Description of problem: When deploying the overcloud, and for some reason the nodes are not pingable - the deployment hangs until it times out after 4 hours. Nodes may not be pingable if their nic-configs are wrong, or the nic order changed, or asymetric routing was not enabled, or for a million other reasons... As soon as the deployment is at a state where the nodes *should* be pingable, and before the deployment proceeds any further and tries to connect to them or receive any call-backs from them, the director should test that the nodes can be pinged. If the ping fails the deployment should stop immediately, and print a descriptive error message so the user will know exactly what to troubleshoot. Version-Release number of selected component (if applicable): 7.x and 8.0 beta How reproducible: 100%
This bug did not make the OSP 8.0 release. It is being deferred to OSP 10.
This seems to be implemented already. The code is here: https://github.com/openstack/tripleo-heat-templates/blob/master/validation-scripts/all-nodes.sh It is called from the templates here: https://github.com/openstack/tripleo-heat-templates/blob/b8f154be31c5847dc376a72cf9c0835aa0001afd/overcloud.yaml#L923-L961 Ok to close the bug or is there anything else that needs to be implemented?
To test this fix, I ssh'ed to several of the nodes after the deployment finished, and ran the command 'sudo journalctl -u os-collect-config'. You can find lines like this: Trying to ping 172.16.0.26 for local network 172.16.0.0/24. Ping to 172.16.0.26 succeeded. Trying to ping default gateway 10.35.163.254...Ping to 10.35.163.254 succeeded. Trying to ping default gateway 10.35.190.254...Ping to 10.35.190.254 succeeded. Trying to ping default gateway 172.16.0.1...Ping to 172.16.0.1 succeeded. However, I couldn't find evidence that the nodes are pinging each other, or that the undercloud is pinging the nodes (how do I even check what the undercloud pinged?). It seems like the only pings are from the node to itself, and from the node to the undercloud. This is not the validation we wanted.

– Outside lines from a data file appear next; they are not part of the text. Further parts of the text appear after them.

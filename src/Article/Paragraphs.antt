-- ===== src/Article/Paragraphs.antt =====
-- internal/handlers/articleanalysis/analyzer.go: what the paragraphs of a text are.
use calligraphy.Base.{
  ℕ, zero, suc, ◌≤◌, ◌≡◌, refl, sym, ap, ◌∙◌, inl, inr, [], ◌∷◌, ◌++◌, true, ◌==◌, some, length,
  Bool-cases, Option-cases, append_nil, append_assoc, arith,
}
use calligraphy.Article.Text.{
  Runes, Unicode, is_empty, trim, is_ws, last_break, match_break, keep_piece, cut_paragraphs,
  split_paragraphs,
}
use calligraphy.Article.Pieces.{
  flatten, flatten-append, flatten_one, flatten-nil, without, without-nil, without-cons,
  without-append, without-trim,
}
use calligraphy.Article.Sentences.{ink, empty-nil}

last_break-length : (cs rest : Runes) → last_break cs ≡ some rest → length rest ≤ length cs
unfolding last_break
last_break-length [] rest e = absurd (ground arith)
last_break-length (c ∷ cs) rest e = elim (Option-cases (last_break cs)) [
  | inl n ↦ grind (arith, n, e)
  | inr (later, n) ↦ grind (arith, n, e, last_break-length cs later n)
]

match_break-length :
    (c : ℕ) (cs rest : Runes) → match_break (c ∷ cs) ≡ some rest → length rest ≤ length cs
unfolding match_break
match_break-length c cs rest e = grind (arith, e, last_break-length cs rest)

module _ (u : Unicode) where
  -- Fuel for each character is enough: more changes nothing.
  cut_paragraphs_fuel :
      (fuel : ℕ) (text cur : Runes)
      → length text ≤ fuel
      → cut_paragraphs u (suc fuel) text cur ≡ cut_paragraphs u fuel text cur
  unfolding cut_paragraphs
  cut_paragraphs_fuel zero [] cur h = ap (keep_piece u) (sym (append_nil cur))
  cut_paragraphs_fuel zero (c ∷ cs) cur h = absurd (omega arith)
  cut_paragraphs_fuel (suc fuel) [] cur h = refl
  cut_paragraphs_fuel (suc fuel) (c ∷ cs) cur h = elim (Option-cases (match_break (c ∷ cs))) [
    | inl e ↦ rw (e, cut_paragraphs) (cut_paragraphs_fuel fuel cs (cur ++ c ∷ []) (omega arith))
    | inr (rest, e) ↦
        rw (e, cut_paragraphs)
          (ap (λ t. keep_piece u cur ++ t)
            (cut_paragraphs_fuel fuel rest [] (omega (arith, match_break-length c cs rest e))))
  ]

  keep_piece-ink : (p : Runes) → ink u (flatten (keep_piece u p)) ≡ ink u p
  keep_piece-ink p = elim (Bool-cases (is_empty (trim u.is_space p))) [
    | inl e ↦
        rw (e, flatten-nil)
          (ap (ink u) (sym (empty-nil (trim u.is_space p) e)) ∙ without-trim u.is_space p)
    | inr e ↦ rw (e, flatten_one)
  ]

  -- unicode.IsSpace knows the white space of ASCII.
  abbrev pub KnowsAscii : Type 0
  KnowsAscii = (c : ℕ) → is_ws c ≡ true → u.is_space c ≡ true

  module _ (known : KnowsAscii) where
    last_break-ink : (cs rest : Runes) → last_break cs ≡ some rest → ink u cs ≡ ink u rest
    unfolding last_break
    last_break-ink [] rest e = absurd (ground arith)
    last_break-ink (c ∷ cs) rest e = elim (Bool-cases (is_ws c)) [
      | inr n ↦ absurd (ground (arith, n))
      | inl w ↦ elim (Option-cases (last_break cs)) [
        | inl n ↦
            let here : cs ≡ rest = ground (arith, n) in
            rw (without-cons u.is_space c cs, known c w) (ap (ink u) here)
        | inr (later, n) ↦
            let here : later ≡ rest = ground (arith, n) in
            rw (without-cons u.is_space c cs, known c w)
              (last_break-ink cs later n ∙ ap (ink u) here)
      ]
    ]

    match_break-ink : (cs rest : Runes) → match_break cs ≡ some rest → ink u cs ≡ ink u rest
    unfolding match_break
    match_break-ink [] rest e = absurd (ground arith)
    match_break-ink (c ∷ cs) rest e =
        let newline : (c == b'\n') ≡ true = ground arith in
        rw (without-cons u.is_space c cs, known c (ground (arith, newline)))
          (last_break-ink cs rest (ground arith))

    cut_paragraphs-ink :
        (fuel : ℕ) (text cur : Runes)
        → ink u (flatten (cut_paragraphs u fuel text cur)) ≡ ink u cur ++ ink u text
    unfolding cut_paragraphs
    cut_paragraphs-ink zero text cur =
        keep_piece-ink (cur ++ text) ∙ without-append u.is_space cur text
    cut_paragraphs-ink (suc fuel) [] cur =
        keep_piece-ink cur
        ∙ sym (append_nil (ink u cur))
        ∙ ap (λ t. ink u cur ++ t) (sym (without-nil u.is_space))
    cut_paragraphs-ink (suc fuel) (c ∷ cs) cur = elim (Option-cases (match_break (c ∷ cs))) [
      | inl e ↦
          rw
            (
              e,
              cut_paragraphs,
              cut_paragraphs-ink fuel cs (cur ++ c ∷ []),
              without-append u.is_space cur (c ∷ []),
            )
            (append_assoc (ink u cur) (ink u (c ∷ [])) (ink u cs)
              ∙ ap (λ t. ink u cur ++ t) (sym (without-append u.is_space (c ∷ []) cs)))
      | inr (rest, e) ↦
          rw
            (
              e,
              cut_paragraphs,
              flatten-append,
              without-append u.is_space (flatten (keep_piece u cur)),
              keep_piece-ink,
              cut_paragraphs-ink fuel rest [],
              without-nil,
            )
            (ap (λ t. ink u cur ++ t) (sym (match_break-ink (c ∷ cs) rest e)))
    ]

    -- The paragraphs of a text are the text, up to white space.
    pub split_paragraphs-ink :
        (text : Runes)
        → without u.is_space (flatten (split_paragraphs u text)) ≡ without u.is_space text
    unfolding split_paragraphs
    split_paragraphs-ink text =
        cut_paragraphs-ink (length text) text []
        ∙ ap (λ t. t ++ ink u text) (without-nil u.is_space)
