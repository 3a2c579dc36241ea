-- ===== src/Article/Picks.antt =====
-- internal/handlers/articleanalysis/analyzer.go: what a range over the votes picks.
use calligraphy.Base.{
  ℕ, ◌≤◌, ◌<◌, ◌≡◌, refl, sym, ap, ◌∙◌, subst, ◌⊎◌, inl, inr, List, [], ◌∷◌, ltb, Bool-cases, arith,
}
use calligraphy.Article.Language.{Language, pick}

abbrev pub In : Language → List Language → Type 0
In l [] = ⊥
In l (m ∷ ms) = (l ≡ m) ⊎ In l ms

-- The best of the languages that were visited, or what stood before.
abbrev pub Best : (Language → ℕ) → List Language → Language × ℕ → Language × ℕ → Type 0
Best score order (best, n) (b, m) =
    (n ≤ m)
    × ((l : Language) → In l order → score l ≤ m)
    × (((b ≡ best) × (m ≡ n)) ⊎ (In b order × (m ≡ score b) × (n < m)))

module _ (score : Language → ℕ) where
  Best-cons :
      (k : Language) (order : List Language) (best : Language) (n : ℕ) (r : Language × ℕ)
      → n < score k
      → Best score order (k, score k) r
      → Best score (k ∷ order) (best, n) r
  Best-cons k order best n (b, m) lt (up, top, inl (e, f)) = (
    omega arith,
    (λ l. elim [ inl q ↦ rw q (omega arith) | inr h ↦ top l h ]),
    inr (inl e, f ∙ ap score (sym e), omega arith),
  )
  Best-cons k order best n (b, m) lt (up, top, inr (i, f, g)) = (
    omega arith,
    (λ l. elim [ inl q ↦ rw q (omega arith) | inr h ↦ top l h ]),
    inr (inr i, f, omega arith),
  )

  Best-skip :
      (k : Language) (order : List Language) (best : Language) (n : ℕ) (r : Language × ℕ)
      → score k ≤ n
      → Best score order (best, n) r
      → Best score (k ∷ order) (best, n) r
  Best-skip k order best n (b, m) le (up, top, inl (e, f)) =
      (up, (λ l. elim [ inl q ↦ rw q (omega arith) | inr h ↦ top l h ]), inl (e, f))
  Best-skip k order best n (b, m) le (up, top, inr (i, f, g)) =
      (up, (λ l. elim [ inl q ↦ rw q (omega arith) | inr h ↦ top l h ]), inr (inr i, f, g))

  pub pick-cons :
      (k : Language) (order : List Language) (best : Language) (n : ℕ)
      → ((n < score k) × (pick score (k ∷ order) (best, n) ≡ pick score order (k, score k)))
        ⊎ ((score k ≤ n) × (pick score (k ∷ order) (best, n) ≡ pick score order (best, n)))
  unfolding pick
  pick-cons k order best n = elim (Bool-cases (ltb n (score k))) [
    | inl e ↦ inl (ground (arith, e), ground (arith, e))
    | inr e ↦ inr (ground (arith, e), ground (arith, e))
  ]

  pick-nil : (best : Language) (n : ℕ) → pick score [] (best, n) ≡ (best, n)
  unfolding pick
  pick-nil best n = refl

  pub pick-Best :
      (order : List Language) (best : Language) (n : ℕ)
      → Best score order (best, n) (pick score order (best, n))
  pick-Best [] best n =
      subst (Best score [] (best, n)) (sym (pick-nil best n))
        (omega arith, (λ l h. absurd h), inl (refl, refl))
  pick-Best (k ∷ order) best n = elim (pick-cons k order best n) [
    | inl (lt, e) ↦
        subst (Best score (k ∷ order) (best, n)) (sym e) (
          Best-cons k order best n (pick score order (k, score k)) lt (pick-Best order k (score k)))
    | inr (le, e) ↦
        subst (Best score (k ∷ order) (best, n)) (sym e)
          (Best-skip k order best n (pick score order (best, n)) le (pick-Best order best n))
  ]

Tomas, how does Udi test this more thoroughly to make sure it's not FailedQA?
It's not about more thorough testing. Rather, it seems that the checks that are in the Heat templates don't actually implement the RFE even though we initially thought they did. Can we expect the nodes in general being able to ping each other? I think we should only check that the nodes can reach the controller and vice versa. I'm not aware of any need for two compute nodes talking to each other directly and with isolated networks, nodes from different roles wouldn't be able reach one another by design. So what should this check entail? Controller pinging every node? Anything else?
The most important check are: 1) That the undercloud can ping all nodes 2) That the nodes can ping the controller and vice versa
We should implement as Udi has noted in Comment #13. 1) That the undercloud can ping all nodes 2) That the nodes can ping the controller and vice versa
Maros - is this still being worked on - do you need anything from DFG:UI?
Changing to DF dfg, this might be working?
We already validate that controllers and gateways are reachable, do we really need to ping all computes, etc? See tripleo-heat-templates/validation-scripts/all-nodes.sh script.
If we're only testing the controllers, and not the computes and the other roles, then yes - we should add that test too. Otherwise we'll wait 4 hours for a timeout just to see what was wrong. Thanks.
This was moved over to DFG:DF without reasoning. Seems like this RFE was worked on and is meant to be in Validations. Moving over to the validations team for consideration.
We do not have resources to allocate to this issue. If this is still an issue please open a new bug for the release it is affecting.